Nach einem erneuten Hardware-Erkennungs-Durchlauf präsentiert das Installationssystem eine Auflistung der gefundenen Festplatten und einen Assistenten, der beim Aufteilen (Partitionieren) hilft. In den meisten Fällen passt einer der beiden folgenden Punkte:

  • Geführt (verwende vollständige Festplatte): Falls der Rechner mehr als eine Platte enthält, wählen Sie hier die richtige aus, andernfalls geht es mit [Eingabe] weiter. Der Assistent zeigt das Ergebnis seiner Berechnungen an und bietet an, eine große Root-Partition (/) und eine Swap-Partition einrzurichten. (Vorsicht: Diese Variante ist für eine leere Festplatte, etwa eine neu eingebaute Zweitplatte, gedacht: Sie löschen hiermit die ganze ausgewählte Platte.)
  • Manuell: Wollen Sie den Platz lieber selbst verteilen, um beispielsweise eine separate /home-Partition einzurichten, sind Sie hier richtig. Hier bearbeiten Sie entweder vorhandene Partitionen (z. B. verändern deren Größe oder Einhängepunkt) oder teilen ganze Festplatten neu auf.

In beiden Varianten steht am Schluss die Bestätigung über Partitionierung beenden und Änderungen übernehmen und eine erneute Sicherheisabfrage, ob Sie die Änderungen wirklich auf die Platte schreiben wollen.

Der Installer spielt nun das Grundsystem ein (Abbildung 3). Danach geht es an die Einrichtung eines Benutzeraccounts (vollständiger Name, Loginname und Passwort). Direkt im Anschluss bietet das System an, ein privates verschlüsseltes Verzeichnis anzulegen. Dieses bindet Ubuntu automatisch wie ein Laufwerk ein; für die Verschlüsselung der Daten ist das Dateisystem eCryptfs (Enterprise Cryptographic Filesystem) zuständig. Wie Sie mit diesem Ordner namens Private arbeiten und ein solches "Schließfach" auch für andere Benutzer des Systems einrichten, lesen Sie im Tipp Schotten dicht mit eCryptfs.

Abbildung 3: Viele Pakete wandern im Verlauf der Grundsystem-Installation auf den Rechner.
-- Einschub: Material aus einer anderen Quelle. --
-- ===== src/Dummy/Ownership.antt =====
-- The memory of the dummy backend: every hoard belongs to one context, and no context points to a
-- hoard that has been deleted.
use cachercise.Base.{
  ◌+◌, ◌-◌, ◌<◌, ◌≤◌, ◌≡◌, ◌≢◌, ap, Bool, true, false, not, ◌&&◌, Option, none, some, arith, ◌==◌,
}
use native.Mathlib.Decide.{ℕ_discrete}
use cachercise.Base.Run.{ok, fault, uncaught}
use cachercise.Common.{Ptr, null}
use cachercise.Hoard.{Hoard}
use cachercise.Hoard
use cachercise.Dummy.Memory.{
  Context, Event, Heap, update, emit, set_context, free_context, calloc_context, hoard_init,
  set_hoard, hoard_finalize,
}

abbrev pub is_some {ℓ} : {A : Type ℓ} → Option A → Bool
is_some none = false
is_some (some _) = true

-- A context lives at the address.
abbrev pub live : Heap → Ptr → Bool
live w p = is_some (w.contexts p)

abbrev pub hoard_live : Heap → Ptr → Bool
hoard_live w h = is_some (w.hoards h)

pub record IsHeap (w : Heap) : Type 0 where
  pub next_pos : 0 < w.next
  pub null_context : w.contexts null ≡ none
  pub null_hoard : w.hoards null ≡ none
  pub unused_context : (p : Ptr) → w.next ≤ p → w.contexts p ≡ none
  pub unused_hoard : (p : Ptr) → w.next ≤ p → w.hoards p ≡ none
  -- A context without a hoard has NULL there.
  pub owned : (p : Ptr) (c : Context) → w.contexts p ≡ some c → c.h ≢ null → hoard_live w c.h ≡ true
  pub distinct :
      (p q : Ptr) (c d : Context)
      → w.contexts p ≡ some c
      → w.contexts q ≡ some d
      → c.h ≡ d.h
      → c.h ≢ null
      → p ≡ q

pub emit-IsHeap : (e : Event) (w : Heap) → IsHeap w → IsHeap (emit e w)
unfolding emit
emit-IsHeap e w i = record {
  next_pos = i.next_pos;
  null_context = i.null_context;
  null_hoard = i.null_hoard;
  unused_context = i.unused_context;
  unused_hoard = i.unused_hoard;
  owned = i.owned;
  distinct = i.distinct;
}

pub set_hoard-IsHeap :
    (h : Ptr) (v : Hoard) (w : Heap) → IsHeap w → hoard_live w h ≡ true → IsHeap (set_hoard h v w)
unfolding set_hoard
set_hoard-IsHeap h v w i e = record {
  next_pos = i.next_pos;
  null_context = i.null_context;
  null_hoard = ground (arith, i.null_hoard);
  unused_context = i.unused_context;
  unused_hoard = λ p l. ground (arith, i.unused_hoard p);
  owned = λ p c a b. ground (arith, i.owned p c);
  distinct = i.distinct;
}

abbrev zeroed : Context
zeroed = record { config = null; h = null; hoard_mutex = null }

-- What `calloc` leaves when there is room: a context of zeros at a fresh address.
abbrev pub allocated : Heap → Heap
allocated w = set_context w.next zeroed (record w { next = w.next + 1; room = w.room - 1 })

pub calloc_context-allocated : (w : Heap) → 0 < w.room → calloc_context w ≡ (w.next, allocated w)
unfolding calloc_context set_context
calloc_context-allocated w r = ground arith

pub calloc_context-null : (w : Heap) → w.room ≡ 0 → calloc_context w ≡ (null, w)
unfolding calloc_context
calloc_context-null w r = ground arith

pub allocated-IsHeap : (w : Heap) → IsHeap w → IsHeap (allocated w)
unfolding set_context
allocated-IsHeap w i = record {
  next_pos = omega arith;
  null_context = ground (arith, i.null_context, i.next_pos);
  null_hoard = i.null_hoard;
  unused_context = λ p l. ground (arith, i.unused_context p);
  unused_hoard = λ p l. ground (arith, i.unused_hoard p);
  owned = λ p c' a b. ground (arith, i.owned p c');
  distinct = λ p q c' d a b s n. ground (arith, i.distinct p q c' d);
}

-- A store to a context that lives keeps the heap, if the hoard that it takes over is its own.
pub set_context-IsHeap :
    (p : Ptr) (c : Context) (w : Heap)
    → IsHeap w
    → live w p ≡ true
    → (c.h ≢ null → hoard_live w c.h ≡ true)
    → ((q : Ptr) (d : Context) → w.contexts q ≡ some d → d.h ≡ c.h → c.h ≢ null → q ≡ p)
    → IsHeap (set_context p c w)
unfolding set_context
set_context-IsHeap p c w i l own alone = record {
  next_pos = i.next_pos;
  null_context = ground (arith, i.null_context);
  null_hoard = i.null_hoard;
  unused_context = λ q a. ground (arith, i.unused_context q);
  unused_hoard = i.unused_hoard;
  owned = λ q d a b. ground (arith, i.owned q d, own);
  distinct = λ q r d f a b s t. ground (arith, i.distinct q r d f, alone q d, alone r f);
}

-- What `new Hoard` leaves when there is room.
abbrev pub with_hoard : Heap → Heap
with_hoard w = set_hoard w.next Hoard.init (record w { next = w.next + 1; room = w.room - 1 })

pub hoard_init-with_hoard : (w : Heap) → 0 < w.room → hoard_init w ≡ ok (w.next, with_hoard w)
unfolding hoard_init set_hoard
hoard_init-with_hoard w r = ground arith

pub hoard_init-full : (w : Heap) → w.room ≡ 0 → hoard_init w ≡ fault uncaught
unfolding hoard_init
hoard_init-full w r = ground arith

pub with_hoard-IsHeap : (w : Heap) → IsHeap w → IsHeap (with_hoard w)
unfolding set_hoard
with_hoard-IsHeap w i = record {
  next_pos = omega arith;
  null_context = i.null_context;
  null_hoard = ground (arith, i.null_hoard, i.next_pos);
  unused_context = λ p l. ground (arith, i.unused_context p);
  unused_hoard = λ p l. ground (arith, i.unused_hoard p);
  owned = λ p c' a b. ground (arith, i.owned p c');
  distinct = i.distinct;
}

-- No context points to an address that has not been handed out.
pub unowned_next :
    (w : Heap) → IsHeap w → (q : Ptr) (d : Context) → w.contexts q ≡ some d → d.h ≢ w.next
unowned_next w i q d e n =
    ground (arith, i.owned q d, i.unused_hoard w.next, ap w.hoards n, i.next_pos)

-- What deleting the context `c` at `p`, and its hoard, leaves.
pub record Deleted (p : Ptr) (c : Context) (w w' : Heap) : Type 0 where
  pub heap : IsHeap w'
  pub contexts : (q : Ptr) → live w' q ≡ (not (q == p) && live w q)
  pub hoards : (h : Ptr) → hoard_live w' h ≡ (not (h == c.h) && hoard_live w h)

delete_null-Deleted :
    (p : Ptr) (c : Context) (w : Heap)
    → IsHeap w
    → w.contexts p ≡ some c
    → c.h ≡ null
    → Deleted p c w (free_context p w)
unfolding free_context
delete_null-Deleted p c w i e n = record {
  heap = record {
    next_pos = i.next_pos;
    null_context = ground (arith, i.null_context);
    null_hoard = i.null_hoard;
    unused_context = λ q l. ground (arith, i.unused_context q);
    unused_hoard = i.unused_hoard;
    owned = λ q d a b. ground (arith, i.owned q d);
    distinct = λ q r d f a b s t. ground (arith, i.distinct q r d f);
  };
  contexts = λ q. ground arith;
  hoards = λ h. ground (arith, i.null_hoard, ap w.hoards n);
}

delete_hoard-Deleted :
    (p : Ptr) (c : Context) (w : Heap)
    → IsHeap w
    → w.contexts p ≡ some c
    → c.h ≢ null
    → Deleted p c w (free_context p (record w { hoards = update w.hoards c.h none }))
unfolding free_context update
delete_hoard-Deleted p c w i e n = record {
  heap = record {
    next_pos = i.next_pos;
    null_context = ground (arith, i.null_context);
    null_hoard = ground (arith, i.null_hoard);
    unused_context = λ q l. ground (arith, i.unused_context q);
    unused_hoard = λ q l. ground (arith, i.unused_hoard q);
    owned = λ q d a b. ground (arith, i.owned q d, i.distinct q p d c);
    distinct = λ q r d f a b s t. ground (arith, i.distinct q r d f);
  };
  contexts = λ q. ground arith;
  hoards = λ h. ground arith;
}

-- Deleting a context that lives is defined, and frees it and its hoard and nothing else.
pub finalize-Deleted :
    (p : Ptr) (c : Context) (w : Heap)
    → IsHeap w
    → w.contexts p ≡ some c
    → (w' : Heap) × (hoard_finalize c.h w ≡ ok w') × Deleted p c w (free_context p w')
unfolding hoard_finalize
finalize-Deleted p c w i e = elim (ℕ_discrete c.h null) [
  | yes n ↦ (w, ground arith, delete_null-Deleted p c w i e n)
  | no n ↦ (
    record w { hoards = update w.hoards c.h none },
    ground (arith, i.owned p c),
    delete_hoard-Deleted p c w i e n,
  )
]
Der Installer kümmert sich danach um die Paketquellen und spielt weitere Software ein. Nach der Einrichtung der Uhrzeit wirft das System das Installationsmedium aus und fordert zum Neustart auf. Danach begrüßt Sie der KDE-Anmeldedialog – fertig. Einen guten Artikel mit vielen weiterführenden Erklärungen zur Ubuntu-Installation im Textmodus finden Sie auch im Ubuntuusers-Wiki [2].